Does your shooting situation allow for using a powerbank with a longish cable? The R5 will draw most of its power from USB when it's powered on:


----------



## entoman (Sep 25, 2021)

neuroanatomist said:


> The R3 but with AF point-linked spot metering.


What I expect in the R1:

35-40MP
Twin CFExpress B slots
“Pro Capture” buffering as per Olympus
New more powerful battery
8K

Body very similar to R3, but with some kind of active cooling.
Performance enhancements across the range.

What I *don’t* expect:

Higher than 40MP
New “see through” body as per patent.
Global shutter.


----------



## Ian K (Sep 25, 2021)

EOS 4 Life said:


> The 3 shot HDR seems pretty cool.
> I would have thought it would take more than that


The R5 has in camera HDR


----------



## neuroanatomist (Sep 25, 2021)

Ian K said:


> The R5 has in camera HDR


So do my EOS M cameras and one of my PowerShots. But no 1-series bodies do.


----------



## kaihp (Sep 25, 2021)

entoman said:


> What I expect in the R1:
> 
> 35-40MP
> Twin CFExpress B slots
> ...



We could cram in 8K video at just under 40MP if the FF sensor is exactly 7680x5120 (39.3MP). This would give a 7680x4320 16:9 resolution. The slightly larger 8192x4608 8K resolution would push the FF sensor to 44.74MP.
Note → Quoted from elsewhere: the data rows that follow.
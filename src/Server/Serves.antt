-- ===== src/Server/Serves.antt =====
-- What the handler of each route does, and so the multiplexer, whatever pattern it chooses.
use mathlib.Core.Path.{subst}
use mkrepo.Base.{String, ◌≡◌, refl, ◌⊎◌, inl, inr, Option, none, some, [], ◌∷◌}
use mkrepo.Base.{All, err, Option-cases, Bool-cases, ◌==◌, eq_iff, some-injective}
use mkrepo.Base.Dict.{Dict, lookup}
use mkrepo.Database.Db.{Db}
use mkrepo.Service.Work.{History, panic}
use mkrepo.Handler.{Account, Request, Response}
use mkrepo.Handler.Login.{login, logout, serve}
use mkrepo.Handler.Callback.{oauth2_callback}
use mkrepo.Handler.Middleware.{Handler, must_authenticate}
use mkrepo.Handler.Pages.{mkrepo_form}
use mkrepo.Handler.Make.Laws.{register_template_handler-NoPanic}
use mkrepo.Handler.Make.Abandoned.{IsGivenUp, panic-IsGivenUp}
use mkrepo.Server.{
  Serving, Site, RequestInputs, page, stored, guarded, routes, chosen, handled, dispatched,
  serve_mux,
}

pub lookup-All :
    {V : Type 0} (P : String → V → Type 0) (m : Dict V) (key : String) (value : V)
    → All (λ entry. P entry.0 entry.1) m
    → lookup key m ≡ some value
    → P key value
unfolding lookup
lookup-All P [] key value all found = cc
lookup-All P (entry ∷ m) key value (one, all) found = elim (Bool-cases (entry.0 == key)) [
  | inl same ↦
      subst (λ k. P k value) ((eq_iff entry.0 key).0 same)
        (subst (P entry.0) (some-injective (rw same at found)) one)
  | inr differ ↦ lookup-All P m key value all (rw differ at found)
]

module _ {Block Schema : Type 0} (site : Site Block Schema) (inputs : RequestInputs) where
  -- The account is one of a provider that is not configured.
  abbrev pub IsStray : Option Account → Type 0
  IsStray none = ⊥
  IsStray (some account) = lookup account.provider_key site.env.providers ≡ none

  -- The patterns whose handlers work with the service.
  abbrev pub Works : Option String → Type 0
  Works pattern = (pattern ≡ some "POST /new") ⊎ (pattern ≡ some "POST /templates")

  -- The request is a POST to /new whose creation panics, between the two histories.
  abbrev pub IsFatal : Option String → Request → Account → History → History → Type 0
  IsFatal pattern r account h h' =
      (pattern ≡ some "POST /new") × IsGivenUp site.env site.world site.service account r h h'

  -- What the handler of a pattern does: it calls the service only for an account and at two patterns,
  -- and panics only at one of them, or for a stray account.
  abbrev pub ServesAt : Request → Option String → Handler Serving → Type 0
  ServesAt r pattern handler =
      (account : Option Account) (db : Db) (h : History)
      → (((handler account r db h).history ≡ h)
          ⊎ (((a : Account) × (account ≡ some a)) × Works pattern))
        × ((handler account r db h).answer ≡ err panic
            → ((a : Account) × (account ≡ some a)
                × IsFatal pattern r a h (handler account r db h).history)
              ⊎ IsStray account)

  abbrev pub Serves : Option String → Handler Serving → Type 0
  Serves pattern handler = (r : Request) → ServesAt r pattern handler

  page-Serves : (pattern : Option String) (f : Request → Response) → Serves pattern (page f)
  page-Serves pattern f r account db h = (inl refl, λ e. cc)

  stored-Serves :
      (pattern : Option String) (f : Request → Db → Response × Db) → Serves pattern (stored f)
  stored-Serves pattern f r account db h = (inl refl, λ e. cc)

  guarded-Serves :
      (pattern : Option String) (f : Account → Request → Db → Serving)
      → ((a : Account) (r : Request) (db : Db) (h : History)
          → (((f a r db h).history ≡ h) ⊎ Works pattern)
            × ((f a r db h).answer ≡ err panic
                → IsFatal pattern r a h (f a r db h).history
                  ⊎ (lookup a.provider_key site.env.providers ≡ none)))
      → Serves pattern (guarded site inputs f)
  unfolding must_authenticate
  guarded-Serves pattern f serves r none db h = (inl refl, λ e. cc)
  guarded-Serves pattern f serves r (some a) db h =
      let (calls, panics) = serves a r db h in
      (
        elim calls [ inl same ↦ inl same | inr works ↦ inr ((a, refl), works) ],
        λ e. elim (panics e) [ inl made ↦ inl (a, refl, made) | inr stray ↦ inr stray ],
      )

  form-stray :
      (a : Account) (r : Request)
      → mkrepo_form site.env a r ≡ err panic
      → lookup a.provider_key site.env.providers ≡ none
  unfolding mkrepo_form
  form-stray a r e = elim (Option-cases (lookup a.provider_key site.env.providers)) [
    | inl missing ↦ missing
    | inr (pr, known) ↦ let k = rw known at e in cc
  ]

  routes-Serves : All (λ entry. Serves (some entry.0) entry.1) (routes site inputs)
  unfolding routes
  routes-Serves = (
    page-Serves _ _,
    (
      page-Serves _ _,
      (
        stored-Serves _ (λ r. serve (login site.env inputs.login r)),
        (
          stored-Serves _ logout,
          (
            stored-Serves _ (λ r. serve (oauth2_callback site.env inputs.callback r)),
            (
              guarded-Serves _ _ (λ a r db h. (inl refl, λ e. cc)),
              (
                guarded-Serves _ _ (λ a r db h. (inl refl, λ e. inr (form-stray a r e))),
                (
                  guarded-Serves _ _ (λ a r db h. (
                    inr (inl refl),
                    λ e. inl (refl, panic-IsGivenUp site.env site.world site.service a r h e),
                  )),
                  (
                    page-Serves _ _,
                    (
                      page-Serves _ _,
                      (
                        guarded-Serves _ _ (λ a r db h. (
                          inr (inr refl),
                          λ e. absurd (
                              register_template_handler-NoPanic site.world site.decode site.disk a r
                                h e),
                        )),
                        tt,
                      ),
                    ),
                  ),
                ),
              ),
            ),
          ),
        ),
      ),
    ),
  )

  handled-Serves :
      (pattern : String) (o : Option (Handler Serving))
      → lookup pattern (routes site inputs) ≡ o
      → Serves (some pattern) (handled site inputs o)
  unfolding handled
  handled-Serves pattern none found = page-Serves (some pattern) _
  handled-Serves pattern (some handler) found =
      lookup-All (λ key. Serves (some key)) (routes site inputs) pattern handler routes-Serves found

  dispatched-Serves : (pattern : Option String) → Serves pattern (dispatched site inputs pattern)
  unfolding dispatched
  dispatched-Serves none = page-Serves none _
  dispatched-Serves (some pattern) = handled-Serves pattern _ refl

  pub serve_mux-Serves : (r : Request) → ServesAt r (chosen site inputs r) (serve_mux site inputs)
  unfolding serve_mux
  serve_mux-Serves r account db h = dispatched-Serves (chosen site inputs r) r account db h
I think the Twin CFexpress B slots would be "obvious", but I'm not Canon.
The "infinite" RAW photo buffer from the 1Dx3 is something I would expect.
Global shutter might come.
I'm not so sure about the more powerful battery, which could be larger.
Gordon Liang showed the R3 filming for 6 hours, so I would expect Canon to have resolved the heat/cooling problems without having to resort to active cooling, even for 8K.
I would expect the GNSS receiver to be quad-constellation (R3 is GPS+GLONASS). I would not expect it to be dual-band (to improve on the position precision) as the current 3-5m resolution is likely to be "good enough" for most photographers and any last precision could be deduced from the image itself.

The see-through body is not something I would expect in a 1-series camera, as the design wastes a lot of space for components and adds a lot of sidewalls (read: dead space).


----------



## entoman (Sep 25, 2021)

kaihp said:


> We could cram in 8K video at just under 40MP if the FF sensor is exactly 7680x5120 (39.3MP). This would give a 7680x4320 16:9 resolution. The slightly larger 8192x4608 8K resolution would push the FF sensor to 44.74MP.
> 
> I think the Twin CFexpress B slots would be "obvious", but I'm not Canon.
> The "infinite" RAW photo buffer from the 1Dx3 is something I would expect.
> ...


At the risk of hi-jacking the thread and turning it into an R1 wish list:

Yes, 45MP is possible, and it would be more versatile regarding 8K options, but I think Canon is more likely to choose 40MP as it would enable faster readout and consequent benefits for AF, burst speeds and buffer.

Global shutter is probably doable, but I don’t think Canon would risk putting such an untried technology into their flagship professional camera. Maybe when the R1 Mk2 arrives. It’s also arguable whether there is any real *need* for global shutter, now that readout times are getting very fast.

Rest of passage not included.